-- ===== src/Projects/Remove.antt =====
-- Removal of a Workspace and its reclamation: `remove_workspace`, `start_workspace_reclamation`,
-- `wait_for_reclamation`, `active_workspace_names` and `workspace_records` of
-- src/core/project_manager.cpp.
use tribios_vfs.Common.{
  ℕ, Bool, true, false, List, [], ◌∷◌, ◌++◌, ◌-◌, ◌^◌, Bytes, codes, Option, none, some, ◌==◌, not,
  if◌then◌else◌,
}
use tribios_vfs.Store.Types.{
  Int64, Database, RecoveryOperation, prepared, WorkspaceState, WorkspaceRecord, active, removed,
  reclaimed,
}
use tribios_vfs.Store.Sql.{Outcome, ok, error}
use tribios_vfs.Store.Workspaces.{
  save_workspace_record, load_workspace_record, load_all_workspace_records, set_workspace_state,
  set_workspace_reclamation_duration,
}
use tribios_vfs.Store.Tombstones.{clear_tombstones}
use tribios_vfs.Store.Journal.{begin_recovery_operation, abandon_recovery_operation}
use tribios_vfs.Projects.Names.{path_join}
use tribios_vfs.Projects.Git.{unregister_linked_worktree}
use tribios_vfs.Projects.State.{
  Manager, Machine, Ran, replied, exited, drop_dir, has_name, erase_name, trigger_failpoint,
  abandon, journal_write, removed_write, remove_storage, sync_workspaces, loading, journaling,
  removed_commit, clearing, timing, reclaiming, settling, remove_after_journal,
  remove_after_removed_commit, before_git_cleanup, after_git_cleanup, before_storage_cleanup,
  after_storage_cleanup, before_tombstone_cleanup, after_tombstone_cleanup, before_reclaimed_commit,
  after_reclaimed_commit, remove_before_reply,
}

pub record RemoveResult : Type 0 where
  pub name : Bytes
  pub logical_remove_us : Int64

unfoldable pub is_active : WorkspaceState → Bool
is_active active = true
is_active _ = false

unfoldable pub removal : Bytes → RecoveryOperation
removal name = record {
  id = 0;
  workspace = name;
  kind = codes "workspace_remove";
  path = name;
  target = [];
  phase = prepared;
  add_path_tombstone = false;
  drop_target_tombstones = false;
}

module _ {W : Type 0} (m : Machine W) (name : Bytes) where
  unfoldable pub no_such : Outcome RemoveResult
  no_such = error (codes "no such active Workspace: " ++ name)

  unfoldable pub removal_fault : Bytes → ℕ → Outcome RemoveResult
  removal_fault what code = error (what ++ codes ": " ++ m.strerror code)

  unfoldable pub removed_record : WorkspaceRecord → WorkspaceRecord
  removed_record r = record r {
    state = removed;
    removed_at = m.now;
    logical_remove_us = m.elapsed;
    reclaim_us = 2 ^ 64 - 1;
  }

  -- `start_workspace_reclamation` starts a thread; `reclaim` is what the thread does.
  unfoldable pub start_workspace_reclamation : ℕ → Manager W → Manager W
  start_workspace_reclamation id s = record s { reclaimers = s.reclaimers ++ (name, id) ∷ [] }

  unfoldable pub committed :
      ℕ → Outcome (Unit {0}) × Database → Manager W → Ran RemoveResult × Manager W
  committed id (error e, db) s = (replied (error e), abandon m id s)
  committed id (ok u, db) s =
      let stored = record s { db = db } in
      let after =
        start_workspace_reclamation id (record stored { engines = erase_name name s.engines }) in
      trigger_failpoint m remove_after_removed_commit stored (
        trigger_failpoint m remove_before_reply after
          (replied (ok (record { name = name; logical_remove_us = m.elapsed })), after))

  unfoldable pub commit_removed : WorkspaceRecord → ℕ → Manager W → Ran RemoveResult × Manager W
  commit_removed r id s =
      if not (has_name name s.engines)
      then (replied no_such, abandon m id s)
      else if not (m.fault removed_write == 0)
      then (
        replied (removal_fault (codes "Workspace removal state failed") (m.fault removed_write)),
        abandon m id s,
      )
      else committed id (save_workspace_record (m.sql removed_commit) (removed_record r) s.db) s

  unfoldable pub removal_begun :
      WorkspaceRecord → Outcome ℕ × Database → Manager W → Ran RemoveResult × Manager W
  removal_begun r (error e, db) s = (replied (error e), s)
  removal_begun r (ok id, db) s =
      let after = record s { db = db } in
      trigger_failpoint m remove_after_journal after (commit_removed r id after)

  unfoldable pub remove_found : Option WorkspaceRecord → Manager W → Ran RemoveResult × Manager W
  remove_found none s = (replied no_such, s)
  remove_found (some r) s =
      if not (is_active r.state)
      then (replied no_such, s)
      else if not (m.fault journal_write == 0)
      then (
        replied (removal_fault (codes "Workspace removal journal failed") (m.fault journal_write)),
        s,
      )
      else removal_begun r (begin_recovery_operation (m.sql journaling) (removal name) s.db) s

  unfoldable pub remove_workspace : Manager W → Ran RemoveResult × Manager W
  remove_workspace s = remove_found (load_workspace_record (m.sql loading) name s.db) s

  -- The thread replies to nobody: it ends, or the process does.
  unfoldable pub ended : Manager W → Ran (Unit {0}) × Manager W
  ended s = (replied (ok tt), s)

  unfoldable pub settled : Outcome (Unit {0}) × Database → Manager W → Ran (Unit {0}) × Manager W
  settled (r, db) s = ended (record s { db = db })

  unfoldable pub reclaimed_state :
      ℕ → Outcome (Unit {0}) × Database → Manager W → Ran (Unit {0}) × Manager W
  reclaimed_state id (error e, db) s = ended (record s { db = db })
  reclaimed_state id (ok u, db) s =
      let after = record s { db = db } in
      trigger_failpoint m after_reclaimed_commit after
        (settled (abandon_recovery_operation (m.sql settling) id db) after)

  unfoldable pub timed : ℕ → Outcome (Unit {0}) × Database → Manager W → Ran (Unit {0}) × Manager W
  timed id (error e, db) s = ended (record s { db = db })
  timed id (ok u, db) s =
      let after = record s { db = db } in
      trigger_failpoint m before_reclaimed_commit after
        (reclaimed_state id (set_workspace_state (m.sql reclaiming) name reclaimed db) after)

  unfoldable pub cleared :
      ℕ → Outcome (Unit {0}) × Database → Manager W → Ran (Unit {0}) × Manager W
  cleared id (error e, db) s = ended (record s { db = db })
  cleared id (ok u, db) s =
      let after = record s { db = db } in
      trigger_failpoint m after_tombstone_cleanup after
        (timed id (set_workspace_reclamation_duration (m.sql timing) name m.elapsed db) after)

  unfoldable pub remove_tree : ℕ → Manager W → Ran (Unit {0}) × Manager W
  remove_tree id s =
      let after = record s { dirs = drop_dir name s.dirs } in
      if not (m.fault remove_storage == 0)
      then ended s
      else if not (m.fault sync_workspaces == 0)
      then ended after
      else trigger_failpoint m after_storage_cleanup after (
          trigger_failpoint m before_tombstone_cleanup after
            (cleared id (clear_tombstones (m.sql clearing) name after.db) after))

  unfoldable pub unlisted : ℕ → Outcome (Unit {0}) × W → Manager W → Ran (Unit {0}) × Manager W
  unlisted id (error e, w) s = ended (record s { git = w })
  unlisted id (ok u, w) s =
      let after = record s { git = w } in
      trigger_failpoint m after_git_cleanup after
        (trigger_failpoint m before_storage_cleanup after (remove_tree id after))

  unfoldable pub reclaim : ℕ → Manager W → Ran (Unit {0}) × Manager W
  reclaim id s = trigger_failpoint m before_git_cleanup s (
      unlisted id
        (unregister_linked_worktree m.git m.paths.root (path_join m.paths.mount_point name) s.git)
        s)

-- The threads that are joined, in the order in which they started.
unfoldable pub join_all :
    {W : Type 0} → Machine W → List (Bytes × ℕ) → Manager W → Ran (Unit {0}) × Manager W
unfolding reclaim
join_all m [] s = (replied (ok tt), s)
join_all m ((name, id) ∷ pending) s =
    let (r, after) = reclaim m name id s in
    let rest = join_all m pending after in elim r [ exited ↦ (exited, after) | replied o ↦ rest ]

unfoldable pub wait_for_reclamation :
    {W : Type 0} → Machine W → Manager W → Ran (Unit {0}) × Manager W
unfolding join_all
wait_for_reclamation m s = join_all m s.reclaimers (record s { reclaimers = [] })

unfoldable pub workspace_records : {W : Type 0} → Machine W → Manager W → List WorkspaceRecord
unfolding load_all_workspace_records
workspace_records m s = load_all_workspace_records (m.sql loading) s.db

## Work instruction
Look through the records and gather every line containing "some".

## Task solution
  ℕ, Bool, true, false, List, [], ◌∷◌, ◌++◌, ◌-◌, ◌^◌, Bytes, codes, Option, none, some, ◌==◌, not,
  remove_found (some r) s =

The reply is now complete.